### Exercise requirements:
Using the listing below, count the lines in which "Rule" appears; give the count alone.

### Supplied records:

----------------------------------------

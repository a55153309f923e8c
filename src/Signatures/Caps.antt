-- ===== src/Signatures/Caps.antt =====
-- Bounds of the score caps and the evidence groups.
use surveillance_hound.Common.{◌≤◌, ◌<◌, ◌≡◌, true, arith}
use surveillance_hound.Core.{
  Kind, Rule, Observation, oui, ssid_exact, ssid_prefix, name_exact, name_prefix, uuid16, uuid128,
  company, payload, protocol, behavior,
}
use surveillance_hound.Signatures.{cap, group, by_name}

pub group-lt : (k : Kind) → group k < 9
unfolding group
group-lt oui = omega arith
group-lt ssid_exact = omega arith
group-lt ssid_prefix = omega arith
group-lt name_exact = omega arith
group-lt name_prefix = omega arith
group-lt uuid16 = omega arith
group-lt uuid128 = omega arith
group-lt company = omega arith
group-lt payload = omega arith
group-lt protocol = omega arith
group-lt behavior = omega arith

pub cap-le : (r : Rule) (o : Observation) → cap r o ≤ r.cap
unfolding cap by_name
cap-le r o = ground arith

pub cap-generic : (r : Rule) (o : Observation) → r.generic ≡ true → cap r o ≤ 49
unfolding cap by_name
cap-generic r o e = ground (arith, e)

----------------------------------------

### Result of the task:
3